I had a hot loop that summed values out of a big struct-of-arrays, and I "improved" it. The improved version was 40% slower. Same machine, same data, fewer instructions on paper. It made no sense until I stopped looking at the algorithm and started looking at the memory.
The naive version walked one contiguous array start to finish. The clever version chased a pointer per element into a second structure to fetch a flag, then conditionally added. Cleaner code, obviously. Also a guaranteed cache miss every iteration, because that second structure was scattered all over the heap.
Here is roughly the shape of the two:
// fast in practice
for (size_t i = 0; i < n; i++)
total += value[i];
// "smarter", much slower
for (size_t i = 0; i < n; i++)
if (meta[i]->active) // pointer chase, miss every time
total += value[i];
The arithmetic is trivial in both. The difference is entirely in the second one waiting on RAM. A miss to main memory is on the order of a hundred-odd nanoseconds; an L1 hit is a couple of cycles. Do that per element across a few million elements and the maths does itself.
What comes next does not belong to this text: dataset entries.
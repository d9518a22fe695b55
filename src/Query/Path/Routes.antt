-- ===== src/Query/Path/Routes.antt =====
-- Routes over the links that src/query/services/path_service.cpp reads.
use cdr_processor.Base.{◌≡◌, ◌⊎◌, inl, inr, some, List, [], ◌∷◌, ◌++◌, Bytes}
use mathlib.Core.List.{reverse_aux}
use cdr_processor.Query.Links.{IQueryStore, link_peers}

module _ (store : IQueryStore) where
  -- The store lists `peer` among the peers of `node`.
  abbrev pub Reads : Bytes → Bytes → Type 0
  Reads node peer =
      (before : List Bytes) × (behind : List Bytes) × (link_peers store node
        ≡ some (before ++ peer ∷ behind))

  -- One of the two lists the other.
  abbrev pub Linked : Bytes → Bytes → Type 0
  Linked a b = Reads a b ⊎ Reads b a

  Linked-symm : (a b : Bytes) → Linked a b → Linked b a
  Linked-symm a b (inl r) = inr r
  Linked-symm a b (inr r) = inl r

  -- The hops from one subscriber to another, over those between.
  abbrev pub Steps : Bytes → List Bytes → Bytes → Type 0
  Steps a [] b = a ≡ b
  Steps a (x ∷ xs) b = Linked a x × Steps x xs b

  -- A route from one subscriber to another: both ends are on it, and each hop is a link.
  abbrev pub Connects : Bytes → List Bytes → Bytes → Type 0
  Connects a [] b = ⊥
  Connects a (x ∷ xs) b = (x ≡ a) × Steps x xs b

  -- Steps up to a root, turned round and gone on with.
  pub reverse_aux-Connects :
      (x a b : Bytes) (up down : List Bytes)
      → Steps x up a
      → Steps x down b
      → Connects a (reverse_aux (x ∷ up) down) b
  reverse_aux-Connects x a b [] down e s = (e, s)
  reverse_aux-Connects x a b (y ∷ up) down (l, s) t =
      reverse_aux-Connects y a b up (x ∷ down) s (Linked-symm x y l, t)
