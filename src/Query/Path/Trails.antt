-- ===== src/Query/Path/Trails.antt =====
-- Trails of src/query/services/path_service.cpp, and the walk over two of them.
use mathlib.Core.List.{reverse_aux-eq}
use cdr_processor.Base.{
  subst, ℕ, zero, suc, ◌≡◌, refl, sym, ◌∙◌, ap, ◌⊎◌, inl, inr, Option-cases, Bool-cases, some, none,
  List, [], ◌∷◌, ◌++◌, reverse, Bytes, arith, length, find, text_eq, text_eq_iff, text_key, true,
  false,
}
use cdr_processor.Query.Links.{IQueryStore}
use cdr_processor.Query.Path.{Trail, climb, descend, walk}
use cdr_processor.Query.Path.Routes.{Reads, Steps, Connects, reverse_aux-Connects}

-- The trail knows the subscriber.
abbrev pub Has : Trail → Bytes → Type 0
Has trail node = (parent : Bytes) × (find node trail ≡ some parent)

module _ (store : IQueryStore) (root : Bytes) where
  -- How one side of the search comes to its trail: from the root alone, by subscribers that are new
  -- and that the store lists among the peers of one that is known.
  pub data Grown : Trail → Type 0 where
    start : Grown ((root, root) ∷ [])
    grow :
        {trail : Trail} {peer node : Bytes}
        → Grown trail
        → find peer trail ≡ none
        → Has trail node
        → Reads store node peer
        → Grown ((peer, node) ∷ trail)

pub Has-cons : (trail : Trail) (peer node n : Bytes) → Has trail n → Has ((peer, node) ∷ trail) n
Has-cons trail peer node n (parent, e) = elim (Bool-cases (text_eq peer n)) [
  | inl q ↦ (node, rw q)
  | inr q ↦ (parent, rw q e)
]

pub climb-zero : (trail : Trail) (n : Bytes) {up : List Bytes} → climb zero trail n ≡ some up → ⊥
unfolding climb
climb-zero trail n h = cc

-- One round of the first loop of `walk` that goes well.
pub climb-some :
    (fuel : ℕ) (trail : Trail) (n : Bytes) {up : List Bytes}
    → climb (suc fuel) trail n ≡ some up
    → (p : Bytes) × (find n trail ≡ some p)
      × (((text_eq p n ≡ true) × (up ≡ n ∷ []))
          ⊎ ((text_eq p n ≡ false)
              × (rest : List Bytes) × (climb fuel trail p ≡ some rest)
              × (up ≡ n ∷ rest)))
unfolding climb
climb-some fuel trail n {up} h = elim (Option-cases (find n trail)) [
  | inl e ↦ ground arith
  | inr (p, e) ↦ elim (Bool-cases (text_eq p n)) [
    | inl q ↦ (p, e, inl (q, ground arith))
    | inr q ↦ elim (Option-cases (climb fuel trail p)) [
      | inl f ↦ ground arith
      | inr (rest, f) ↦ (p, e, inr (q, rest, f, ground arith))
    ]
  ]
]

climb-root :
    (fuel : ℕ) (trail : Trail) (n p : Bytes)
    → find n trail ≡ some p
    → text_eq p n ≡ true
    → climb (suc fuel) trail n ≡ some (n ∷ [])
unfolding climb
climb-root fuel trail n p e q = rw (e, q)

climb-up :
    (fuel : ℕ) (trail : Trail) (n p : Bytes) {rest : List Bytes}
    → find n trail ≡ some p
    → text_eq p n ≡ false
    → climb fuel trail p ≡ some rest
    → climb (suc fuel) trail n ≡ some (n ∷ rest)
unfolding climb
climb-up fuel trail n p e q f = rw (e, q, f)

-- A new entry does not hide one that stands behind it.
pub find-cons :
    (trail : Trail) (peer node n : Bytes) {p : Bytes}
    → find peer trail ≡ none
    → find n trail ≡ some p
    → find n ((peer, node) ∷ trail) ≡ some p
find-cons trail peer node n new e = ground (arith, text_eq_iff peer n)

-- A subscriber that the trail does not know is not on the way up from one that it knows.
climb-cons :
    (fuel : ℕ) (trail : Trail) (peer node n : Bytes) {up : List Bytes}
    → find peer trail ≡ none
    → climb fuel trail n ≡ some up
    → climb fuel ((peer, node) ∷ trail) n ≡ some up
climb-cons zero trail peer node n new h = absurd (climb-zero trail n h)
climb-cons (suc fuel) trail peer node n new h =
    let (p, found, cases) = climb-some fuel trail n h in
    let found' = find-cons trail peer node n new found in
    elim cases [
      | inl (q, u) ↦ climb-root fuel ((peer, node) ∷ trail) n p found' q ∙ ap some (sym u)
      | inr (q, rest, c, u) ↦
          climb-up fuel ((peer, node) ∷ trail) n p found' q
            (climb-cons fuel trail peer node p new c)
          ∙ ap some (sym u)
    ]

climb-suc :
    (fuel : ℕ) (trail : Trail) (n : Bytes) {up : List Bytes}
    → climb fuel trail n ≡ some up
    → climb (suc fuel) trail n ≡ some up
climb-suc zero trail n h = absurd (climb-zero trail n h)
climb-suc (suc fuel) trail n h =
    let (p, found, cases) = climb-some fuel trail n h in
    elim cases [
      | inl (q, u) ↦ climb-root (suc fuel) trail n p found q ∙ ap some (sym u)
      | inr (q, rest, c, u) ↦
          climb-up (suc fuel) trail n p found q (climb-suc fuel trail p c) ∙ ap some (sym u)
    ]

-- Away from the end of the path so far, the second loop goes as the first.
descend-climb :
    (fuel : ℕ) (trail : Trail) (back n : Bytes)
    → text_eq n back ≡ false
    → descend fuel trail back n ≡ climb fuel trail n
unfolding climb descend
descend-climb zero trail back n away = refl
descend-climb (suc fuel) trail back n away = elim (Option-cases (find n trail)) [
  | inl e ↦ rw (away, e)
  | inr (p, e) ↦ elim (Bool-cases (text_eq p n)) [
    | inl q ↦ rw (away, e, q)
    | inr q ↦ rw (away, e, q, descend-climb fuel trail n p q)
  ]
]

descend-stop :
    (fuel : ℕ) (trail : Trail) (back n : Bytes)
    → text_eq n back ≡ true
    → descend (suc fuel) trail back n ≡ some []
unfolding descend
descend-stop fuel trail back n q = rw q

pub descend-up :
    (fuel : ℕ) (trail : Trail) (n p : Bytes) {up : List Bytes}
    → find n trail ≡ some p
    → climb fuel trail n ≡ some (n ∷ up)
    → descend (suc fuel) trail n p ≡ some up
descend-up zero trail n p e h = absurd (climb-zero trail n h)
descend-up (suc fuel) trail n p {up} e h =
    let (r, found, cases) = climb-some fuel trail n h in
    let same : p ≡ r = cc in
    elim cases [
      | inl (q, u) ↦
          let none_left : [] ≡ up = cc in
          descend-stop (suc fuel) trail n p (rw same q) ∙ ap some none_left
      | inr (q, rest, c, u) ↦
          let those_left : rest ≡ up = cc in
          let run : climb fuel trail p ≡ some rest = rw same c in
          descend-climb (suc (suc fuel)) trail n p (rw same q)
          ∙ climb-suc (suc fuel) trail p (climb-suc fuel trail p run)
          ∙ ap some those_left
    ]

apart :
    (trail : Trail) (peer node n : Bytes)
    → find peer trail ≡ none
    → Has trail node
    → peer ≡ n
    → text_eq node n ≡ false
apart trail peer node n new (p, known) same = elim (Bool-cases (text_eq node n)) [
  | inr q ↦ q
  | inl q ↦
      let back : node ≡ peer = (text_eq_iff node n).0 q ∙ sym same in
      let hidden = ap (λ (b : Bytes). find b trail) back ∙ new in ground (arith, hidden, known)
]

module _ (store : IQueryStore) (root : Bytes) where
  -- From each subscriber that a trail knows there is a way up, of at most the trail's size, and
  -- each step of it is a link.
  pub climb-Steps :
      {trail : Trail} (n : Bytes)
      → Grown store root trail
      → Has trail n
      → (up : List Bytes) × (climb (length trail) trail n ≡ some (n ∷ up)) × Steps store n up root
  climb-Steps n start (p, e) = elim (Bool-cases (text_eq root n)) [
    | inl q ↦ ([], climb-root 0 ((root, root) ∷ []) n root (rw q) q, sym ((text_eq_iff root n).0 q))
    | inr q ↦ ground arith
  ]
  climb-Steps n (grow {trail} {peer} {node} g new known reads) (p, e) =
      elim (Bool-cases (text_eq peer n)) [
        | inl q ↦
            let same = (text_eq_iff peer n).0 q in
            let (up, run, steps) = climb-Steps node g known in
            (
              node ∷ up,
              climb-up (length trail) ((peer, node) ∷ trail) n node (rw q)
                  (apart trail peer node n new known same)
                  (climb-cons (length trail) trail peer node node new run),
              (inr (subst (Reads store node) same reads), steps),
            )
        | inr q ↦
            let (up, run, steps) = climb-Steps n g (p, rw (← e, q)) in
            (
              up,
              climb-suc (length trail) ((peer, node) ∷ trail) n
                  (climb-cons (length trail) trail peer node n new run),
              steps,
            )
      ]

  -- The second loop of `walk` goes the way up, less its first subscriber.
  descend-Steps :
      {trail : Trail} (n p : Bytes)
      → Grown store root trail
      → find n trail ≡ some p
      → (up : List Bytes) × (descend (suc (length trail)) trail n p ≡ some up)
        × Steps store n up root
  descend-Steps {trail} n p g e =
      let (up, run, steps) = climb-Steps n g (p, e) in
      (up, descend-up (length trail) trail n p e run, steps)

-- Over two trails that both know a subscriber the walk comes to an end, and the route that it gives
-- connects their roots.
pub walk-Connects :
    (store : IQueryStore) (a b : Bytes) {head tail : Trail} (meet : Bytes)
    → Grown store a head
    → Grown store b tail
    → Has head meet
    → Has tail meet
    → (route : List Bytes) × (walk head tail meet ≡ some route) × Connects store a route b
unfolding walk
walk-Connects store a b {head} {tail} meet g h (p, e) (q, f) =
    let (up, run, steps) = climb-Steps store a meet g (p, e) in
    let (down, run', steps') = descend-Steps store b meet q h f in
    (
      reverse (meet ∷ up) ++ down,
      rw (run, f, run'),
      subst (λ (r : List Bytes). Connects store a r b) (reverse_aux-eq (meet ∷ up) down)
          (reverse_aux-Connects store meet a b up down steps steps'),
    )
proving it rather than guessing
I did not want to trust a hunch, so I let perf settle the argument.
perf stat -e cache-references,cache-misses,instructions,cycles ./bench
The slow build had roughly the same instruction count but a cache miss rate up near 90%, and the cycles-per-instruction was the giveaway: the CPU was stalled, not working. Once you see CPI climb while instructions stay flat, you are not compute bound, you are waiting.
the fix was layout, not cleverness
I flattened active into its own contiguous array of bytes sitting right next to value, so the predictable prefetcher could do its job and both reads stayed warm.
for (size_t i = 0; i < n; i++)
if (active[i])
total += value[i];
Back to faster than the original, because now the branch is the only cost and the data is already in cache by the time the loop reaches it. No pointer chasing, no scattered allocations.
The lesson I keep relearning: on modern hardware the algorithm in your head is rarely the bottleneck. The memory access pattern is. Code that looks tidy can be cruel to the cache, and code that looks dumb (one flat array, walked in order) is often exactly what the prefetcher wants. Measure the misses before you trust the instruction count.